LA VIDA CON MEL

Silda Cordoliani

María Félix y Agustín Lara


La mujer se asoma a la ventana desde donde hace muchos años solía complacerse contemplando el cerro majestuoso. Trata de imaginarlo tras las ruinosas torres de cientos de apartamentos, imaginarlo como era entonces, porque ahora, así un milagro derribara esos monstruos insalubres, tampoco la montaña sería la misma: sembrada de minúsculos habitáculos de “colores tropicales”, calcinados sus escasos espacios desocupados, prefiere en verdad que permanezca oculta, tapada para siempre por el enjambre humano que es hoy todo su paisaje.

Quizás por eso, por lo abstraída que se encuentra en tales pensamientos –aunque podría ser más lógico adjudicarlo a un falla auditiva, bastante normal a su edad–, no escucha las primeras notas del aparato, el fragmento de jazz que ha escogido (entre otros tantos sonidos que le avisan de diversos asuntos cotidianos) para las llamadas internacionales. Al percibirlo, se aparta presurosa de la ventana hacia la pantalla más cercana, la de su sitio de trabajo (y distracción). Pero cuando la alcanza, la comunicación se ha cortado y desconoce el loguín del frustrado interlocutor. Si se tratara de la llamada que aguarda no habrían interrumpido tan rápidamente.

El resto del día será largo. Mientras no llegue la noticia esperada el tiempo se distenderá en su versión más absurda. ¿Cómo pasarlo? Sonríe entonces recordando un viejo chiste repetido hasta la saciedad por uno de los hombres que más amó: “¿Qué hago?, ¿me voy al cine o me tiro a la bartola? ¡Ah, mejor me tiro a la bartola!: ¡Bartolaaaa!”. Un chiste sin vida –se dice–, tan muerto como tú, Agustín, querido, pues quién conoce hoy día eso de “tirarse a la bartola”.

Su mirada se detiene en uno de los libros sobre el escritorio. Sí, le gusta esa novela cuyo título ocupa toda la portada con un verde fosforescente: ¿dónde quedó en esta nueva lectura de El desamparo? Hace esfuerzos pero no se acuerda; abre la página marcada y relee: sí, el protagonista se ha encontrado finalmente con otro ser humano tan confundido como él; lo que sigue es un largo diálogo que dejará para más tarde, porque por los momentos prefiere su otra vida. Allí es una esbelta y joven mujer de piel oscura, con la exacta voz ronca de una antiquísima actriz mexicana (la escogió en honor a Agustín, pero no el suyo, sino el otro, el Lara). Allí es pareja de Mel, un hombre tan atractivo como ella (parecido a aquel George Clooney ídolo de su adolescencia), de quien sabe ya ha descubierto su infidelidad. ¿Por qué aún ningún reclamo?, ¿será que lo acepta como algo natural? Posiblemente: estos hombres de ahora parecen ser así, tan distintos a los que le tocaron...

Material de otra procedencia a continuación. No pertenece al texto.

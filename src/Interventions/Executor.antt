-- ===== src/Interventions/Executor.antt =====
-- backend/src/modules/interventions/engineering-intervention-executor.service.ts: executePending.
-- The clock stands still for a run. The telemetry and the log are left out.
use swar.Prelude.{
  ℕ, suc, Bool, true, false, List, [], ◌∷◌, ◌&&◌, ◌||◌, ◌+◌, ◌-◌, ◌*◌, ◌^◌, not, Option, none, some,
  ltb, leb, ◌==◌, ◌===◌, if◌then◌else◌, keep, take, sort, any, update_many, count_many, Result, ok,
  err,
}
use swar.Domain.{InterventionStatus, intervention_status_eq}
use swar.Effects.{Effect, done, throws, catching, ◌>>=◌, ◌>>◌}
use swar.Risk.Types.{hold_protected_action, intervention_type_eq}
use swar.Outbox.Alerts.{demo, control_mode_eq}
use swar.Outbox.Repository.{null_or_past, past, is_null, compare_times, same_lease}
use swar.Interventions.Holds.{HoldRecord, ActionReceipt, IdempotencyConflict, hold, dispatch}
use swar.Interventions.Rows.{Intervention, is_resolved}

pub data ExecutorError : Type 0 where
  hold_reference_missing provider_conflict audit_failed write_refused : ExecutorError

pub data ExecutorAudit : Type 0 where
  dispatched dispatch_failed : ExecutorAudit

pub record ExecutorLimits : Type 0 where
  pub batch_size : ℕ
  pub maximum_attempts : ℕ
  pub lease_ms : ℕ
  pub retry_base_ms : ℕ

-- The tables, the maps of the two demo adapters, the audit log, and the service's own fields.
pub record ExecutorState : Type 0 where
  pub interventions : List Intervention
  pub hold_records : List HoldRecord
  pub receipts : List ActionReceipt
  pub audited_actions : List ExecutorAudit
  pub running : Bool
  pub stopping : Bool

abbrev pub ExecutorEffect : Type 0 → Type 0
ExecutorEffect A = Effect ExecutorState ExecutorError A

unfoldable pub set_interventions : List Intervention → ExecutorState → ExecutorState
set_interventions rows s = record s { interventions = rows }

abbrev pub unleased : ℕ → Intervention → Bool
unleased now i =
    (is_null i.execution_lease_id && is_null i.execution_lease_expires_at)
    || past now i.execution_lease_expires_at

unfoldable pub executable : ℕ → ℕ → Intervention → Bool
executable maximum now i =
    i.mode === demo
    && (i.status === InterventionStatus.required
        && (ltb i.execution_attempt_count maximum
            && (null_or_past now i.next_attempt_at && unleased now i)))

abbrev pub executed_before : Intervention → Intervention → Bool
executed_before a b =
    compare_times a.next_attempt_at b.next_attempt_at
      (if a.required_at == b.required_at then ltb a.id b.id else ltb a.required_at b.required_at)

unfoldable pub execution_candidates : ExecutorLimits → ℕ → List Intervention → List Intervention
unfolding executable sort
execution_candidates limits now rows =
    take limits.batch_size
      (sort executed_before (keep (executable limits.maximum_attempts now) rows))

unfoldable pub is_candidate : Intervention → Intervention → Bool
is_candidate candidate i = i.id == candidate.id && i.organization_id == candidate.organization_id

unfoldable pub execution_claimable : ℕ → Intervention → Intervention → Bool
unfolding is_candidate
execution_claimable now candidate i =
    is_candidate candidate i
    && (i.mode === demo
        && (i.status === InterventionStatus.required
            && (i.execution_attempt_count == candidate.execution_attempt_count && unleased now i)))

unfoldable pub execution_lease : ℕ → ℕ → Intervention → Intervention
execution_lease lease_id expires_at i = record i {
  execution_attempt_count = i.execution_attempt_count + 1;
  next_attempt_at = none;
  execution_lease_id = some lease_id;
  execution_lease_expires_at = some expires_at;
  execution_failure_code = none;
}

-- The row that this run still holds.
unfoldable pub execution_held : ℕ → Intervention → Intervention → Bool
unfolding is_candidate
execution_held lease_id candidate i =
    is_candidate candidate i
    && (i.mode === demo
        && (i.status === InterventionStatus.required
            && (i.execution_attempt_count == candidate.execution_attempt_count + 1
                && same_lease i.execution_lease_id (some lease_id))))

unfoldable pub put_in_progress : Intervention → Intervention
put_in_progress i = record i {
  status = InterventionStatus.in_progress;
  next_attempt_at = none;
  execution_lease_id = none;
  execution_lease_expires_at = none;
}

unfoldable pub put_off : ExecutorLimits → ℕ → ℕ → Intervention → Intervention
put_off limits now attempt i =
    if leb limits.maximum_attempts attempt
    then record i {
      status = InterventionStatus.failed;
      execution_failure_code = some "DEMO_ACTION_RETRY_EXHAUSTED";
      next_attempt_at = none;
      execution_lease_id = none;
      execution_lease_expires_at = none;
      dead_lettered_at = some now;
    }
    else record i {
      status = InterventionStatus.required;
      execution_failure_code = some "DEMO_ACTION_RETRY_SCHEDULED";
      next_attempt_at = some (now + limits.retry_base_ms * 2 ^ (attempt - 1));
      execution_lease_id = none;
      execution_lease_expires_at = none;
      dead_lettered_at = none;
    }

-- The constraints of the table of interventions, of the migrations under
-- backend/prisma/migrations: Intervention_lifecycle_check, Intervention_execution_lease_pair_check
-- and Intervention_dead_letter_state_check.
unfoldable pub is_admitted : Intervention → Bool
unfolding is_resolved
is_admitted i =
    (not (is_resolved i.status) || not (is_null i.resolved_at))
    && ((if is_null i.execution_lease_id
          then is_null i.execution_lease_expires_at
          else not (is_null i.execution_lease_expires_at))
        && (is_null i.dead_lettered_at || i.status === InterventionStatus.failed))

unfoldable pub held_by :
    Result IdempotencyConflict (HoldRecord × List HoldRecord) → ExecutorEffect (Unit {0})
held_by (err e) s = (err provider_conflict, s)
held_by (ok answer) s = (ok tt, record s { hold_records = answer.1 })

unfoldable pub received :
    Result IdempotencyConflict (ActionReceipt × List ActionReceipt) → ExecutorEffect (Unit {0})
received (err e) s = (err provider_conflict, s)
received (ok answer) s = (ok tt, record s { receipts = answer.1 })

-- `key_of` numbers the texts `demo-dispatch:…`, and the audit log answers by action and identifier.
module _ (limits : ExecutorLimits) (now : ℕ) (key_of : ℕ → ℕ)
    (audits : ExecutorAudit → ℕ → Bool) where
  unfoldable pub hold_for : Intervention → Option ℕ → ExecutorEffect (Unit {0})
  unfolding throws held_by hold
  hold_for i none s = throws hold_reference_missing s
  hold_for i (some reference) s =
      held_by
        (hold
          (record {
            organization_id = i.organization_id;
            intervention_id = i.id;
            protected_action_reference = reference;
            idempotency_key = key_of i.id;
          })
          s.hold_records)
        s

  unfoldable pub act_for : Intervention → ExecutorEffect (Unit {0})
  unfolding received dispatch hold_for
  act_for i s =
      if i.kind === hold_protected_action
      then hold_for i i.protected_action_reference s
      else received (dispatch i.organization_id i.id i.kind (key_of i.id) s.receipts) s

  unfoldable pub executor_audit : ExecutorAudit → ℕ → ExecutorEffect (Unit {0})
  executor_audit action id s =
      if audits action id
      then (ok tt, record s { audited_actions = action ∷ s.audited_actions })
      else (err audit_failed, s)

  -- A write of the rows that this run holds. A row that the table does not admit refuses it.
  unfoldable pub write_execution :
      ℕ → Intervention → (Intervention → Intervention) → ExecutorEffect (Unit {0})
  unfolding execution_held update_many set_interventions is_admitted
  write_execution lease_id candidate f s =
      if any (λ i. execution_held lease_id candidate i && not (is_admitted (f i))) s.interventions
      then (err write_refused, s)
      else (
        ok tt,
        set_interventions (update_many (execution_held lease_id candidate) f s.interventions) s,
      )

  -- The `try` of a candidate, and its `catch`.
  unfoldable pub attempt_execution : ℕ → Intervention → ExecutorEffect ℕ
  unfolding ◌>>=◌ done act_for write_execution put_in_progress executor_audit
  attempt_execution lease_id i = do
    act_for i
    write_execution lease_id i put_in_progress
    executor_audit dispatched i.id
    done 1

  unfoldable pub execution_failed : ℕ → Intervention → ExecutorEffect ℕ
  unfolding ◌>>=◌ done write_execution put_off executor_audit
  execution_failed lease_id i = do
    write_execution lease_id i (put_off limits now (i.execution_attempt_count + 1))
    executor_audit dispatch_failed i.id
    done 0

  unfoldable pub claim_execution : ℕ → Intervention → ExecutorEffect Bool
  unfolding execution_claimable execution_lease update_many count_many set_interventions
  claim_execution lease_id i s = (
    ok (count_many (execution_claimable now i) s.interventions == 1),
    set_interventions
        (update_many (execution_claimable now i) (execution_lease lease_id (now + limits.lease_ms))
          s.interventions)
        s,
  )

  unfoldable pub execute_claimed : ℕ → Intervention → Bool → ExecutorEffect ℕ
  unfolding done catching attempt_execution execution_failed
  execute_claimed lease_id i false = done 0
  execute_claimed lease_id i true =
      catching (attempt_execution lease_id i) (execution_failed lease_id i)

  unfoldable pub execute_one : ℕ → Intervention → ExecutorEffect ℕ
  unfolding ◌>>=◌ claim_execution execute_claimed
  execute_one lease_id i = do
    claimed ← claim_execution lease_id i
    execute_claimed lease_id i claimed

  -- `fresh k` is the k-th lease identifier.
  unfoldable pub execute_all : (ℕ → ℕ) → ℕ → List Intervention → ExecutorEffect ℕ
  unfolding ◌>>=◌ done execute_one
  execute_all fresh k [] = done 0
  execute_all fresh k (i ∷ candidates) = do
    n ← execute_one (fresh k) i
    m ← execute_all fresh (suc k) candidates
    done (n + m)

  abbrev pub ended_run :
      Result ExecutorError ℕ × ExecutorState → Result ExecutorError ℕ × ExecutorState
  ended_run (r, s) = (r, record s { running = false })

  -- executePending; `in_production` is whether the environment is the production one.
  unfoldable pub execute_pending : Bool → (ℕ → ℕ) → ExecutorEffect ℕ
  unfolding execute_all execution_candidates
  execute_pending in_production fresh s =
      if s.running || (s.stopping || in_production)
      then (ok 0, s)
      else ended_run (
          execute_all fresh 0 (execution_candidates limits now s.interventions)
            (record s { running = true }))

Se busca en la máquina, en el perfecto hogar de aquel lado, tan diferente al caótico de aquí, para dedicarse a hurgar en la sección de trajes casuales dentro del gran clóset detenidamente ordenado. Desea lucir lo más bella y seductora posible antes de volverlo a encarar. La verdad, no quiere perderlo, no sólo porque lo ama, sino porque es tan difícil conseguir un marido estable en esa vida como puede ser en ésta: le debe una explicación. Escoge un vaporoso vestido retro que tiende sobre la cama. ¿Qué peinado se hará esta vez? El largo cabello ensortijado le permite miles de variantes, pero él siempre lo prefiere recogido, como lo llevaba en aquella primera cita, cuando le dijo que su rostro despejado le recordaba a Nefertiti (por eso se bautizó Nefe, allá, en el mundo otro). Sí, debe ser un hombre informado, si hasta se rió cuando le contó el chiste de Agustín, pero él no sabe nada del difunto: allí no ha tenido tiempo aún para ser viuda ni guardar muchos recuerdos.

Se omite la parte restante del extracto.